Copy out every line from the records that includes "String".

Stored data entries →
------------
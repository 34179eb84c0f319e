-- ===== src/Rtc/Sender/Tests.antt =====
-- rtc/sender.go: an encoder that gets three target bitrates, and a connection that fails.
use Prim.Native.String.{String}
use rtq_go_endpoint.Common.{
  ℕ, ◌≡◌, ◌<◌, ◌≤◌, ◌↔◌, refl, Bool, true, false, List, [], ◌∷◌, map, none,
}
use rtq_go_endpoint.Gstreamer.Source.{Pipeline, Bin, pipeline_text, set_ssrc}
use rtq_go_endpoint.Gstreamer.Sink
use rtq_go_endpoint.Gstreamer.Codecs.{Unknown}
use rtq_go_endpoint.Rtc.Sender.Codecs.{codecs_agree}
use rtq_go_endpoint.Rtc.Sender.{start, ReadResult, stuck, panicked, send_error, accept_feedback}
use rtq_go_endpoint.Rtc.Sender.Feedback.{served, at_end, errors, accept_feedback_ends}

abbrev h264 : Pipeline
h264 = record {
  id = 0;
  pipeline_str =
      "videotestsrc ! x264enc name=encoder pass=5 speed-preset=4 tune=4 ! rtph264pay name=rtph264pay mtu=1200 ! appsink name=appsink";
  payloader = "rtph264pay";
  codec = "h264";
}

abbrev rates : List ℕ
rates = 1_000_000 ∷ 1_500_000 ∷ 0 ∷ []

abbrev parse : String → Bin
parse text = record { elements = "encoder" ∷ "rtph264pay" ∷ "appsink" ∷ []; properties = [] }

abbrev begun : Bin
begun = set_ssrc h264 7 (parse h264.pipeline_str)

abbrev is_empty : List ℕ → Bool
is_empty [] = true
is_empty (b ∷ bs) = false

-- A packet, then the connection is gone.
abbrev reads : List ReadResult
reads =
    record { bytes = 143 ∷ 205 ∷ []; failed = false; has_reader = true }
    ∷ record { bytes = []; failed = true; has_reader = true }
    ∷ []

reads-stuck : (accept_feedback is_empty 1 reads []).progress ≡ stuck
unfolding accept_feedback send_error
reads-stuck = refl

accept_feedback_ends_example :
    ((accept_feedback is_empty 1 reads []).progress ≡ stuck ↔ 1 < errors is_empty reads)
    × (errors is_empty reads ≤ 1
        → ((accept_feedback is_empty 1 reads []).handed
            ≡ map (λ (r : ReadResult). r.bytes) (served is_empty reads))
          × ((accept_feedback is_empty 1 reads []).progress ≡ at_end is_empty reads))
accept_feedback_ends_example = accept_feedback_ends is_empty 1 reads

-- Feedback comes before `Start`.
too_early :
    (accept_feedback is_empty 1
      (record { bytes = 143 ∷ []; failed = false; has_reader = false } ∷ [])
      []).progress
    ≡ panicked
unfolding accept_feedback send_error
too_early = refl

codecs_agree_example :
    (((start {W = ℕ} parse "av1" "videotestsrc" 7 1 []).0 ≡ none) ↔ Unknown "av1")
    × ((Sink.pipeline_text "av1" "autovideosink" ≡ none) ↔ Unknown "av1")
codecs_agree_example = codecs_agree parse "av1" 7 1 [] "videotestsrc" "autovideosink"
------------
Result for this exercise →
use Prim.Native.String.{String}
abbrev parse : String → Bin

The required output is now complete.